I want to tell kids those ages that if they start chewing/smoking, the day will come when they will want to quit but can't. They will be worried about getting sick from it, spending too much money, being bad role model for younger kids. But they just won't be able to quit. Cuz the product is designed to make it hard to quit. It's a deal with the devil.

Might be worth showing him some of the introductions forums too. Less shocking than the other stories. But to kids that age the shocking things seem too far fetched. The volume of intros every day might have an effect on him.

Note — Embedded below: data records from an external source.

-- ===== src/Transport/Serial/Interval.antt =====
-- The inter-frame interval of a serial line (src/transport/serial.rs).
use rust_modbus.Prelude.{
  ℕ, ◌+◌, ◌*◌, ◌/◌, ◌≤◌, ◌<◌, ◌≡◌, refl, List, [], ◌∷◌, ◌++◌, arith, length, length-append, ok,
}
use rust_modbus.Transport.Serial.Line.{
  DataBits, five, six, seven, eight, Parity, odd, even, StopBits, one, two, data_bit_count,
  parity_bit_count, stop_bit_count,
}
use rust_modbus.Transport.Serial.{SerialConfig, bits_per_character, inter_frame_interval}

data_bit_count-range : (d : DataBits) → (5 ≤ data_bit_count d) × (data_bit_count d ≤ 8)
unfolding data_bit_count
data_bit_count-range five = omega arith
data_bit_count-range six = omega arith
data_bit_count-range seven = omega arith
data_bit_count-range eight = omega arith

parity_bit_count-range : (p : Parity) → parity_bit_count p ≤ 1
unfolding parity_bit_count
parity_bit_count-range Parity.none = omega arith
parity_bit_count-range odd = omega arith
parity_bit_count-range even = omega arith

stop_bit_count-range : (b : StopBits) → (1 ≤ stop_bit_count b) × (stop_bit_count b ≤ 2)
unfolding stop_bit_count
stop_bit_count-range one = omega arith
stop_bit_count-range two = omega arith

pub bits_per_character-range :
    (config : SerialConfig) → (7 ≤ bits_per_character config) × (bits_per_character config ≤ 12)
unfolding bits_per_character
bits_per_character-range config = omega (
  arith,
  data_bit_count-range config.data_bits,
  parity_bit_count-range config.parity,
  stop_bit_count-range config.stop_bits,
)

quotient-le : (a b : ℕ) → 0 < b → a / b * b ≤ a
quotient-le a b h = omega arith

quotient-lt : (a b : ℕ) → 0 < b → a < (a / b + 1) * b
quotient-lt a b h = omega arith

interval :
    (config : SerialConfig)
    → 1 ≤ config.baud_rate
    → config.baud_rate ≤ 19200
    → let bits : ℕ = bits_per_character config in
      (nanos : ℕ) × (inter_frame_interval config ≡ ok nanos)
      × (nanos * (config.baud_rate * 2) ≤ bits * 7000000000)
      × (bits * 7000000000 < (nanos + 1) * (config.baud_rate * 2))
unfolding inter_frame_interval
interval config lo hi =
    let bits : ℕ = bits_per_character config in
    let time : ℕ = bits * 7000000000 in
    let rate : ℕ = config.baud_rate * 2 in
    let size = bits_per_character-range config in
    let positive : 0 < rate = omega arith in
    (
      time / rate,
      ground (arith, size),
      omega (arith, quotient-le time rate positive),
      omega (arith, quotient-lt time rate positive),
    )

-- What the wire carries for one character, bit by bit: a start bit, the data, a parity bit if the
-- line has parity, and the stop bits.
pub data WireBit : Type 0 where
  start data_bit check stop_bit : WireBit

unfoldable pub data_part : DataBits → List WireBit
data_part five = data_bit ∷ data_bit ∷ data_bit ∷ data_bit ∷ data_bit ∷ []
data_part six = data_bit ∷ data_bit ∷ data_bit ∷ data_bit ∷ data_bit ∷ data_bit ∷ []
data_part seven = data_bit ∷ data_bit ∷ data_bit ∷ data_bit ∷ data_bit ∷ data_bit ∷ data_bit ∷ []
data_part eight =
    data_bit ∷ data_bit ∷ data_bit ∷ data_bit ∷ data_bit ∷ data_bit ∷ data_bit ∷ data_bit ∷ []

unfoldable pub parity_part : Parity → List WireBit
parity_part Parity.none = []
parity_part odd = check ∷ []
parity_part even = check ∷ []

unfoldable pub stop_part : StopBits → List WireBit
stop_part one = stop_bit ∷ []
stop_part two = stop_bit ∷ stop_bit ∷ []

abbrev pub character : SerialConfig → List WireBit
character config =
    start ∷ data_part config.data_bits ++ (parity_part config.parity ++ stop_part config.stop_bits)

length-data_part : (d : DataBits) → length (data_part d) ≡ data_bit_count d
unfolding data_part data_bit_count
length-data_part five = refl
length-data_part six = refl
length-data_part seven = refl
length-data_part eight = refl

length-parity_part : (p : Parity) → length (parity_part p) ≡ parity_bit_count p
unfolding parity_part parity_bit_count
length-parity_part Parity.none = refl
length-parity_part odd = refl
length-parity_part even = refl

length-stop_part : (b : StopBits) → length (stop_part b) ≡ stop_bit_count b
unfolding stop_part stop_bit_count
length-stop_part one = refl
length-stop_part two = refl

length-character : (config : SerialConfig) → length (character config) ≡ bits_per_character config
unfolding bits_per_character
length-character config = omega (
  arith,
  length-append (data_part config.data_bits)
      (parity_part config.parity ++ stop_part config.stop_bits),
  length-append (parity_part config.parity) (stop_part config.stop_bits),
  length-data_part config.data_bits,
  length-parity_part config.parity,
  length-stop_part config.stop_bits,
)

-- From 1 to 19200 baud the interval is the time of 3.5 characters, rounded down to a nanosecond and
-- with no saturation, where a character takes a start bit, 5 to 8 data bits, a parity bit if the
-- line has parity, and 1 or 2 stop bits, as its configuration says.
pub inter_frame_interval-exact :
    (config : SerialConfig)
    → 1 ≤ config.baud_rate
    → config.baud_rate ≤ 19200
    → let bits : ℕ = length (character config) in
      (nanos : ℕ) × (inter_frame_interval config ≡ ok nanos)
      × (nanos * (config.baud_rate * 2) ≤ bits * 7000000000)
      × (bits * 7000000000 < (nanos + 1) * (config.baud_rate * 2))
inter_frame_interval-exact config lo hi = rw (length-character config) (interval config lo hi)
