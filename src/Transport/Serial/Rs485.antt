-- ===== src/Transport/Serial/Rs485.antt =====
-- RS-485 kernel direction control (src/transport/rs485.rs). The call of the kernel and the numbers
-- of its errors are parameters.
use rust_modbus.Prelude.{
  ℕ, ◌+◌, ◌*◌, ◌/◌, ◌≤◌, ◌<◌, bit_and, bit_or, String, ◌≡◌, refl, inl, inr, not, ◌||◌, Option, none,
  some, List, [], ◌∷◌, arith, ltb, ◌==◌, if◌then◌else◌, ok, err, Outcome-cases,
}
use rust_modbus.Error.{Result, configuration, io, rs485_unsupported, ◌>>=◌}
use rust_modbus.Transport.Serial.{Rs485Config, RtsPolarity, high, low}

abbrev pub ser_rs485_enabled : ℕ
ser_rs485_enabled = 1

abbrev pub ser_rs485_rts_on_send : ℕ
ser_rs485_rts_on_send = 2

abbrev pub ser_rs485_rts_after_send : ℕ
ser_rs485_rts_after_send = 4

pub record KernelRs485 : Type 0 where
  pub flags : ℕ
  pub delay_rts_before_send : ℕ
  pub delay_rts_after_send : ℕ
  pub padding : List ℕ

-- `as_millis` of a duration in nanoseconds.
abbrev pub as_millis : ℕ → ℕ
as_millis delay = delay / 1000000

unfoldable pub truncate_to_millis : ℕ → String → Result ℕ
truncate_to_millis delay field =
    if ltb (as_millis delay) 4294967296 then ok (as_millis delay) else err (configuration field)

unfoldable pub rts_flags : RtsPolarity → ℕ
rts_flags high = bit_or ser_rs485_enabled ser_rs485_rts_on_send
rts_flags low = bit_or ser_rs485_enabled ser_rs485_rts_after_send

unfoldable pub build : Rs485Config → Result KernelRs485
unfolding truncate_to_millis rts_flags
build config = do
  before ← truncate_to_millis config.delay_before_send "delay_before_send"
  after ← truncate_to_millis config.delay_after_send "delay_after_send"
  ok (record {
    flags = rts_flags config.rts_on_send;
    delay_rts_before_send = before;
    delay_rts_after_send = after;
    padding = 0 ∷ 0 ∷ 0 ∷ 0 ∷ 0 ∷ [];
  })

-- The numbers of the errors that `libc` names, and how `ioctl` ends: `none` for the result 0, and
-- else the kind and the number of the last error.
module _ (enotty einval enosys : ℕ) (ioctl : KernelRs485 → Option (ℕ × ℕ)) where
  unfoldable pub issue_ioctl : KernelRs485 → Result (Unit {0})
  issue_ioctl kernel = elim (ioctl kernel) [
    | none ↦ ok tt
    | some (kind, code) ↦
        if code == enotty || code == einval || code == enosys
        then err rs485_unsupported
        else err (io kind (some code))
  ]

  -- On Linux.
  unfoldable pub apply : Rs485Config → Result (Unit {0})
  unfolding build issue_ioctl
  apply config = do kernel ← build config; issue_ioctl kernel

one_level :
    (polarity : RtsPolarity)
    → (bit_and (rts_flags polarity) 1 ≡ 1)
      × ((bit_and (rts_flags polarity) 2 == 0) ≡ not (bit_and (rts_flags polarity) 4 == 0))
unfolding rts_flags
one_level high = (refl, refl)
one_level low = (refl, refl)

truncated :
    (delay : ℕ) (field : String) (millis : ℕ)
    → truncate_to_millis delay field ≡ ok millis
    → (millis * 1000000 ≤ delay) × (delay < (millis + 1) * 1000000) × (millis < 4294967296)
unfolding truncate_to_millis
truncated delay field millis h = ground arith

-- The delays that `build` writes are those of the configuration, rounded down to milliseconds and
-- in 32 bits, direction control is enabled, and exactly one of the two levels is high: the one
-- after sending is the complement of the one while sending.
pub build-ok :
    (config : Rs485Config) (kernel : KernelRs485)
    → build config ≡ ok kernel
    → (kernel.delay_rts_before_send * 1000000 ≤ config.delay_before_send)
      × (config.delay_before_send < (kernel.delay_rts_before_send + 1) * 1000000)
      × (kernel.delay_rts_after_send * 1000000 ≤ config.delay_after_send)
      × (config.delay_after_send < (kernel.delay_rts_after_send + 1) * 1000000)
      × (kernel.delay_rts_before_send < 4294967296)
      × (kernel.delay_rts_after_send < 4294967296)
      × (bit_and kernel.flags 1 ≡ 1)
      × ((bit_and kernel.flags 2 == 0) ≡ not (bit_and kernel.flags 4 == 0))
unfolding build
build-ok config kernel h =
    let before = truncate_to_millis config.delay_before_send "delay_before_send" in
    let after = truncate_to_millis config.delay_after_send "delay_after_send" in
    elim (Outcome-cases before) [
      | inl (b, e) ↦ elim (Outcome-cases after) [
        | inl (a, f) ↦
            let (bl, bu, bw) = truncated config.delay_before_send "delay_before_send" b e in
            let (al, au, aw) = truncated config.delay_after_send "delay_after_send" a f in
            let (enabled, levels) = one_level config.rts_on_send in ground arith
        | inr (inl (x, f)) ↦ absurd (ground arith)
        | inr (inr f) ↦ absurd (ground arith)
      ]
      | inr (inl (x, e)) ↦ absurd (ground arith)
      | inr (inr e) ↦ absurd (ground arith)
    ]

Good luck with it. Don't take it personal if he don't listen. I didn't listen to anyone at that age either but I wish I did. If he don't quit just tell him to cry uncle when he eventually tries to quit but can't.
Wish you the strength as well. And don't forget to have him check out the site here himself.

Also don't forget you have other options too. In your group I know there are a couple of others that are closer to his age, so that maybe instead of a parent figure, he could have someone his own age, a friend, maybe say a word or two.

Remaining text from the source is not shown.